Group Company: JSW Steel Limited
Designation: Business Intelligence Analyst
Role: (Senior Data Engineer)
Level: Manager/Senior Manager
Location: Mumbai - Seawoods location
Job Brief: As a Business Intelligence Analyst at JSW Steel Limited within the Sales IT & Digital Transformation department in the Manufacturing steel industry, you will play a crucial role in leveraging data to drive strategic decision-making processes. You will be responsible for analyzing complex data sets, creating visualizations, and providing actionable insights to enhance sales performance and optimize digital transformation initiatives.
We are seeking a highly skilled and experienced Senior Data Engineer to join our dynamic team. The ideal candidate will have a strong background in data engineering, with extensive experience in data visualization using Power BI, advanced Python programming, and cloud infrastructure on Azure. Additionally, expertise in using Databricks for large-scale data processing is essential.
This role offers the opportunity to work with cutting-edge technologies and collaborate closely with cross-functional teams to drive business growth and innovation.
Responsibilities:
-
Data Architecture & Design: Lead the design and implementation of scalable data architectures that support complex analytics and business intelligence solutions.
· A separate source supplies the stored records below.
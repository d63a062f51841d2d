-- ===== src/Auth/Sessions.antt =====
-- The token in the local storage and the cookie go together. `encode` is `encodeURIComponent`, and
-- `decode` what the framework does to a cookie's value before `proxy` sees it.
use stock_anomoly_detection.Prelude.{◌≡◌, false, ◌||◌, List, [], ◌∷◌, Option, none, some}
use stock_anomoly_detection.Text.{Text, codes, starts_with}
use stock_anomoly_detection.Auth.{
  Browser, LoginAnswer, SignupAnswer, submit, log_in, log_out, sign_up, enter, proxy, redirect,
}

pub data Event : Type 0 where
  submitted : Event
  logged_in : LoginAnswer → Event
  logged_out : Event
  signed_up : SignupAnswer → Event
  entered : Event

abbrev pub map_option : {A B : Type 0} → (A → B) → Option A → Option B
map_option f none = none
map_option f (some a) = some (f a)

unfoldable pub step : (Text → Text) → Event → Browser → Browser
step encode submitted b = submit b
step encode (logged_in answer) b = log_in encode answer b
step encode logged_out b = (log_out b).1
step encode (signed_up answer) b = sign_up answer b
step encode entered b = (enter b).0

unfoldable pub run : (Text → Text) → List Event → Browser → Browser
run encode [] b = b
run encode (e ∷ es) b = run encode es (step encode e b)

module _ (encode decode : Text → Text) (decode-encode : (t : Text) → decode (encode t) ≡ t) where
  -- the decoded cookie is the stored token
  abbrev pub IsPaired : Browser → Type 0
  IsPaired b = map_option decode b.cookie ≡ b.access_token

  -- Once logged out no page but the login and signup pages is let through.
  pub proxy-log_out :
      (b : Browser) (path : Text)
      → (starts_with path (codes "/auth/login") || starts_with path (codes "/auth/signup")) ≡ false
      → proxy path (map_option decode (log_out b).1.cookie) ≡ redirect (codes "/auth/login")
  unfolding log_out proxy
  proxy-log_out b path h = rw h
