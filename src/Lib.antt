-- ===== src/Lib.antt =====
-- Three cores of the FlowDoc vNext backend: PDF export, with its operations, their lifecycle, their
-- in-memory repositories and the shutdown gate of the worker; the composition scheduler, with its job
-- heads, its in-memory repository and its lifecycle commands; and the in-memory repository of document
-- packages, with the mutation service.
--
-- A caller's export request becomes an immutable operation (src/pdfExport/pdfExportOperation.ts),
-- which the operation repository binds to the caller's idempotency key
-- (src/pdfExport/pdfExportOperationRepository.ts). Its progress is a lifecycle head, changed only by
-- transition requests through a pure apply function (src/pdfExport/pdfExportLifecycle.ts). The
-- lifecycle repository (src/pdfExport/pdfExportLifecycleRepository.ts) keeps the head of each
-- operation and the receipt of each transition. A worker process has one gate that stops new claims
-- when it shuts down (src/pdfExport/pdfExportShutdownDrain.ts). Apart from these, the mutation
-- service (src/service/mutationService.ts) runs Core's edits and writes documents through the package
-- repository (src/storage/packageRepository.ts), which keeps the record of each document, the receipts
-- of its mutations and migrations, and the packages from before its migrations.
--
-- A composition job (src/composition) lays a document out in transitions that survive a crash. Its
-- source pin fixes what it reads and its limits (compositionSchedulerSourcePin.ts); its head is the
-- only thing of it that changes (compositionSchedulerJobHead.ts); page chunks and transition receipts
-- are immutable records (compositionSchedulerTransitionRecords.ts). The repository
-- (compositionSchedulerRepository.ts) retains the records and replaces a head by compare-and-swap, which
-- commits at most one transition or finalization under a request id. The lifecycle commands
-- (compositionSchedulerLifecycle.ts) recover an expired lease, schedule a retry, cancel and expire: each
-- reads the head, makes the next one and swaps it. Initialization
-- (compositionSchedulerInitialization.ts, compositionSchedulerImmutableStaging.ts) retains the first
-- records and creates the head. The chain reader
-- (compositionSchedulerChainReader.ts) follows the chunks and the receipts of a head back from their
-- tips and checks that they are exactly what the head says. The progress
-- (compositionSchedulerProgress.ts) is what a caller is shown of the head.
--
-- Files:
--   Common               names shared by all; Tests (Boolean tests, equality), Dict (a `Map`), Text
--                        (bounded identities and fingerprints)
--   PdfExport/Issue      issues, fingerprints, scopes
--   PdfExport/Operation  the operation and its parser (parseFlowDocBackendPdfExportOperationV1);
--                        Create (createFlowDocBackendPdfExportOperationV1), Validity
--   PdfExport/Lifecycle  Head (the types), Parse (parseFlowDocBackendPdfExportLifecycleHeadV1),
--                        Transition (inspection, creation and
--                        applyFlowDocBackendPdfExportLifecycleTransitionV1, one function for each of
--                        its branches), Validity (what a head must satisfy, without the parser), Step
--                        (the specification: Effects, what a transition may change, Relation, when,
--                        Receipts and Refusals), Apply (the code against it), and
--                        Creation, Binding, Claims, Ending, Progress, Enabled, Behaviour
--   PdfExport/LifecycleRepository  initializeLifecycle, readLifecycle, applyLifecycleTransition, with
--                        Inversion, Replay, Retention, Exactness, Invariant, Isolation
--   PdfExport/OperationRepository  admitOperation, readByOperationId, readByCallerKey, with
--                        Admission, Idempotency, Isolation
--   PdfExport/ShutdownDrain  the gate; Reserved (the sets and the sort), Invariant, Draining,
--                        Completion (how a drain ends)
--   Storage/Package      stored packages and the authoring context
--   Storage/PackageRepository  write, writeMutation, migrate and the reads, with Changes (what a call
--                        may do), Invariant, Replays, Migrations
--   Service/Mutation     executeBackendMutation (src/service/mutationService.ts), with Atomicity (an
--                        answer of a new application comes from one write), Once (replays) and
--                        Writing (how often it writes)
--   Composition/Core     what the scheduler reads of Core's values, and Core's parsers
--   Composition/SourcePin, JobHead, Transition  the contracts: finalize and parse; JobHead/Validity
--                        (what a head must satisfy, without the parser)
--   Composition/Repository  putImmutable, createHead and the reads, Swap (compareAndSwapHead, and runs
--                        of calls), with Changes and Commits (what a call may do), Keeping, Soundness,
--                        Settled (retained records), Replays (committed requests)
--   Composition/Lifecycle  the four commands; Moves (the specification, a step relation), Fits and
--                        Follows (a move leads to a valid next head), Refinement (a move is committed)
--                        and Updates (what "updated" means)
--   Composition/Context  the contracts that parse their source pin and their manifest first
--   Composition/Staging, Initialization  stageFlowDocBackendCompositionImmutableBatchV1 and
--                        initializeFlowDocBackendCompositionV1, with Staged, Created and Stored
--   Composition/ChainReader  loadFlowDocBackendCompositionChainV1, with Walk (its loop), Ends (it
--                        terminates), Pages, Receipts, Chunks and Loaded (what it has loaded)
--   Composition/Progress what a caller is shown of a job (createFlowDocBackendCompositionProgressV1) and
--                        its read, with Advances (how it changes over time)
--   Examples             the theorems at concrete values
--
-- How the model stands to the code:
--   * A value has the fields and the types of its V1 interface. The tests of the parsers that a field
--     exists, that there is no other, and that it is a text, an integer or an exact ISO time are in
--     the types; every other test is a row of a list that reports its issue, in the code's order.
--   * A time is a number of milliseconds since the epoch. Dates past the range of JavaScript's `Date`,
--     for which `toISOString` throws, are not excluded.
--   * An issue is its code and its path; messages and the severity are left out.
--   * The fingerprint of a value is a parameter: any function into texts of the form that the
--     contracts test. Node's SHA-256 and JSON.stringify are not modelled.
--   * Core's production admission is a parameter, of creation and of its theorem, whose hypothesis
--     says that what Core admits has the form that the operation parser expects and the id it was
--     given. Of an admission the model has the fields that this code reads; one text stands for the
--     others.
--   * Core's parsing and serialization of packages are parameters that may throw; the hypothesis of the
--     package invariant is that serializing keeps the id and the fields. A clone of a stored package,
--     which serializes it once more, is taken to be that package.
--   * A `Map` is a function of its key. A method returns the next state beside its answer; clones are
--     the values themselves. A method of a repository does not await
--     inside, so it runs without another in between. The mutation service awaits between its reads and
--     its write: there the calls of others are arguments, in any number.
--   * Core's edits are parameters of the mutation service, of which nothing is assumed; its fingerprint
--     of a request, a JSON text, is a parameter too.
--   * In the composition contracts a refused value is none: which issues are reported is left out, so
--     that the tests of a contract are one conjunction. Core's parsers are parameters; the hypothesis of
--     the theorems that need it, ParsesSelf, is that what a parser gives out is what it was given.
--     JSON.stringify on a retained value is a parameter, of which nothing is assumed. The keys of the
--     repository join ids with NUL, as in the code, and no theorem takes the joint for injective. The
--     repository is in memory and does not throw, so no answer is "unavailable". The lifecycle commands
--     await between the read and the swap, and the initialization before each of its writes: the calls of
--     others that come between are an argument.
--   * Fuel bounds the two loops of the chain reader only: two turns more than the page count, and than
--     the transition number, of the head, which is proved to be enough, since each turn but the last
--     adds an item and the code breaks the loop once there are more items than the count. The other
--     loops are over lists.
--
-- Not modelled: the SQL and object-store adapters, the workflow, renderer attempts, artifact
-- persistence, observability, routes, servers and the local worker of src/pdfExport; the advancement,
-- the finalization, the workers with their journal, the production repository and
-- the SQLite stores of src/composition; and the other directories of src (docgen, the rest of storage,
-- of service, of contracts and of core, routes, artifacts, http, localPdfExport). Of the package
-- repository, the listing, which sorts by locale, and the seeding of the first records are left out:
-- its theorems start from any state, or any sound one.
pub mod Common
pub mod PdfExport
pub mod Storage
pub mod Service
pub mod Composition
mod Examples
- Data Integration & ETL: Develop, optimize, and maintain ETL pipelines using Python, Databricks, and Azure Data Factory to process and integrate data from various sources.
- Data Modelling: Design and implement robust data models that ensure data integrity and support efficient querying in Power BI and other analytical tools.
- Power BI Visualization: Create interactive and insightful dashboards and reports in Power BI, leveraging advanced DAX functions and Python scripts for enhanced visualizations.
- Azure Cloud Management: Manage and optimize data storage solutions using Azure services such as Azure Data Lake, Azure SQL Database, and Azure Synapse Analytics.
- Databricks Expertise: Utilize Databricks for large-scale data processing, including developing notebooks, managing clusters, and integrating with Azure-based data lakes.
- Performance Optimization: Monitor and optimize data processing and querying performance, ensuring the scalability and reliability of data pipelines.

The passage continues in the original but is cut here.